Big Data Analytics to Enable Integrated Research of Biodiversity and
Climate Datasets in the Amazon Basin
Abstract
With the mass adoption of data analysis in several scientific fields
such as climatology, medicine, astronomy and astrophysics, the
availability of an appropriate analytics infrastructure has become a
necessity increasingly recognized by the scientific community. However,
appropriate tools and applications are required to process the large
volume of data collected and generated by researchers. One of the
biggest challenges lies in the fact that these tools need to be gathered
to be applied in specific domains. The area of bioclimatic data is a
scientific field that still has much to improve in this matter. It is a
field of study that lacks great efforts in the direction to provide
methodologies and tools to facilitate the understanding of the complex
phenomena involved in the influence that environmental variables have on
biodiversity on the planet. Thus, the purpose of this work is to propose
a big data analytics architecture that presents an ecosystem that
systematizes and facilitates the task of the scientists to deal with the
complexity in the bioclimatic data analysis, providing tools for
storage, management, analysis using machine learning algorithms and data
mining, and visualization tools. The methodological approach of this
work was to make a thorough bibliographical study to verify the most
used tools and the suitability of each one to the purpose of the work.

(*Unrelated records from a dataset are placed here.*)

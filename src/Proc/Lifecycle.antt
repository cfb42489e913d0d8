-- ===== src/Proc/Lifecycle.antt =====
-- `fork`, `exit` and `wait` of proc.c from call to return.
use test_ascii.Common.{
  ℕ, ◌+◌, ◌≡◌, ◌≢◌, refl, ◌⊎◌, inl, inr, Option, some, none, arith, u32, minus_one, done, Ensures,
  Ensures->>=, of_Ensures,
}
use test_ascii.Proc.Types.{Table, runnable, running, nofile}
use test_ascii.Proc.Life.{
  Services, claim, find_unused, set_kstack, set_copy, set_runnable, unclaim, set_state_unused,
}
use test_ascii.Proc.Inv.Make.{find_unused-some}
use test_ascii.Proc.Calls.{
  alloc_stack, alloc_found, allocproc, dup_files, fork_copied, fork_alloc, fork,
}

-- What a successful `fork` by slot `c` has done to the table `t`, with the child in slot `n`.
pub record Forked (t t' : Table) (c n pid : ℕ) : Type 0 where
  pub was_free : find_unused t ≡ some n
  pub child_pid : (pid ≡ t.nextpid) × ((t'.procs n).pid ≡ pid) × (t'.nextpid ≡ u32 (t.nextpid + 1))
  pub child_runnable : (t'.procs n).state ≡ runnable
  pub child_parent : (t'.procs n).parent ≡ some c
  pub child_returns_zero : (t'.procs n).tf.eax ≡ 0
  pub child_resumes : (t'.procs n).tf.eip ≡ (t.procs c).tf.eip
  pub child_size : (t'.procs n).sz ≡ (t.procs c).sz
  pub child_priority : (t'.procs n).priority ≡ (t.procs c).priority
  pub child_times :
      ((t'.procs n).wait_time ≡ 0)
      × ((t'.procs n).run_time ≡ 0)
      × ((t'.procs n).turnaround_time ≡ 0)
  pub child_clock : ((t'.procs n).creation_time ≡ t.ticks) × ((t'.procs n).last_scheduled ≡ t.ticks)
  pub others_kept : (j : ℕ) → j ≢ n → t'.procs j ≡ t.procs j

-- What a failed `fork` has done: at most one slot was taken and given back, still free, and only
-- its bookkeeping differs.
pub record NotForked (t t' : Table) : Type 0 where
  pub states_kept : (j : ℕ) → (t'.procs j).state ≡ (t.procs j).state
  pub others_kept : (j : ℕ) → find_unused t ≢ some j → t'.procs j ≡ t.procs j

-- The two ways out of `fork` once a slot and its stack are there.
unclaimed :
    (t : Table) (n page : ℕ)
    → find_unused t ≡ some n
    → NotForked t (unclaim n (set_kstack n page (claim n t)))
unfolding unclaim set_kstack claim
unclaimed t n page e =
    let free = (find_unused-some t n e).1 in
    record { states_kept = λ j. ground arith; others_kept = λ j ne. ground arith }

stackless :
    (t : Table) (n : ℕ) → find_unused t ≡ some n → NotForked t (set_state_unused n (claim n t))
unfolding set_state_unused claim
stackless t n e =
    let free = (find_unused-some t n e).1 in
    record { states_kept = λ j. ground arith; others_kept = λ j ne. ground arith }

copied :
    (t : Table) (c n page pgdir : ℕ)
    → find_unused t ≡ some n
    → (t.procs c).state ≡ running
    → Forked t
        (set_runnable n (set_copy c n (some pgdir) (set_kstack n page (claim n t))))
        c
        n
        ((set_kstack n page (claim n t)).procs n).pid
unfolding set_runnable set_copy set_kstack claim
copied t c n page pgdir e live =
    let free = (find_unused-some t n e).1 in
    record {
      was_free = e;
      child_pid = ground arith;
      child_runnable = ground arith;
      child_parent = ground arith;
      child_returns_zero = ground arith;
      child_resumes = ground arith;
      child_size = ground arith;
      child_priority = ground arith;
      child_times = ground arith;
      child_clock = ground arith;
      others_kept = λ j ne. ground arith;
    }

module _ (v : Services) where
  open v use {Sys, kalloc, kfree, copyuvm, idup}

  -- The result of `fork`, from the table that it was called on.
  abbrev ForkResult : ℕ → Table → ℕ × Table × Sys → Type 0
  ForkResult c t (pid, t', s') =
      ((pid ≡ minus_one) × NotForked t t') ⊎ ((n : ℕ) × Forked t t' c n pid)

  fork_copied_effect :
      (c n page : ℕ) (t : Table) (r : Option ℕ × Sys)
      → find_unused t ≡ some n
      → (t.procs c).state ≡ running
      → Ensures (ForkResult c t) (fork_copied v c n (set_kstack n page (claim n t)) r)
  unfolding fork_copied
  fork_copied_effect c n page t (none, s) u live =
      Ensures->>= (ForkResult c t) (kfree _ s) _ (λ s'. inl (refl, unclaimed t n page u))
  fork_copied_effect c n page t (some pgdir, s) u live =
      let t₁ = set_kstack n page (claim n t) in
      Ensures->>= (ForkResult c t) (dup_files v (t₁.procs c).ofile nofile 0 s) _ λ s₁.
        Ensures->>= (ForkResult c t) (idup (t₁.procs c).cwd s₁)
          (λ s₂. done ((t₁.procs n).pid, set_runnable n (set_copy c n (some pgdir) t₁), s₂))
          λ s₂. inr (n, copied t c n page pgdir u live)

  fork_stack_effect :
      (c n : ℕ) (t : Table) (r : Option ℕ × Sys)
      → find_unused t ≡ some n
      → (t.procs c).state ≡ running
      → Ensures (ForkResult c t) (fork_alloc v c (alloc_stack v n (claim n t) r))
  unfolding fork_alloc alloc_stack
  fork_stack_effect c n t (none, s) u live = inl (refl, stackless t n u)
  fork_stack_effect c n t (some page, s) u live =
      Ensures->>= (ForkResult c t) (copyuvm _ _ s) _ (λ r. fork_copied_effect c n page t r u live)

  fork_found_effect :
      (c : ℕ) (t : Table) (s : Sys) (o : Option ℕ)
      → find_unused t ≡ o
      → (t.procs c).state ≡ running
      → Ensures (ForkResult c t) (fork_alloc v c (alloc_found v o t s))
  unfolding alloc_found
  fork_found_effect c t s none u live =
      unfold fork_alloc in
      inl (refl, record { states_kept = λ j. refl; others_kept = λ j ne. refl })
  fork_found_effect c t s (some n) u live = fork_stack_effect c n t (kalloc s) u live

  -- `fork` by a running process either returns -1, with every slot in the state that it had and
  -- only the first free slot rewritten, or returns the next pid, with a runnable child in the
  -- first free slot that has the caller as parent, its size, instruction pointer and priority,
  -- returns 0 from its own call, has waited, run and turned around for 0 ticks, and was created
  -- and last scheduled at the current tick; all other slots are as before.
  pub fork_effect :
      (c : ℕ) (t : Table) (s : Sys) {pid : ℕ} {t' : Table} {s' : Sys}
      → (t.procs c).state ≡ running
      → fork v c t s ≡ done (pid, t', s')
      → ((pid ≡ minus_one) × NotForked t t') ⊎ ((n : ℕ) × Forked t t' c n pid)
  unfolding fork allocproc
  fork_effect c t s live =
      of_Ensures (ForkResult c t) (fork_found_effect c t s (find_unused t) refl live)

In addition, the literature provided indications of software ecosystem
implementations methodologies that served as a guide in the architecture
design. Within the architecture, we attempted to gather a set of
bioclimatic data based on a subset of data obtained from the Atmospheric
Radiation Measurement (ARM) data repository for climatic data, and the
Brazilian Biodiversity Portal for biodiversity data. As a result, we
were able to gather a series of tools to access data such as Cassandra,
distribution of processing such as Spark, programming interface
represented by Jupyter Notebook, system modules for data format
conversion, machine learning algorithms libraries and software for data
visualization. This research discuss the importance of a domain purpose
design of a data analysis architecture for bioclimatic data. We
concluded that this type of ecosystem is imperative to facilitate the
research process and increase the quality of the results.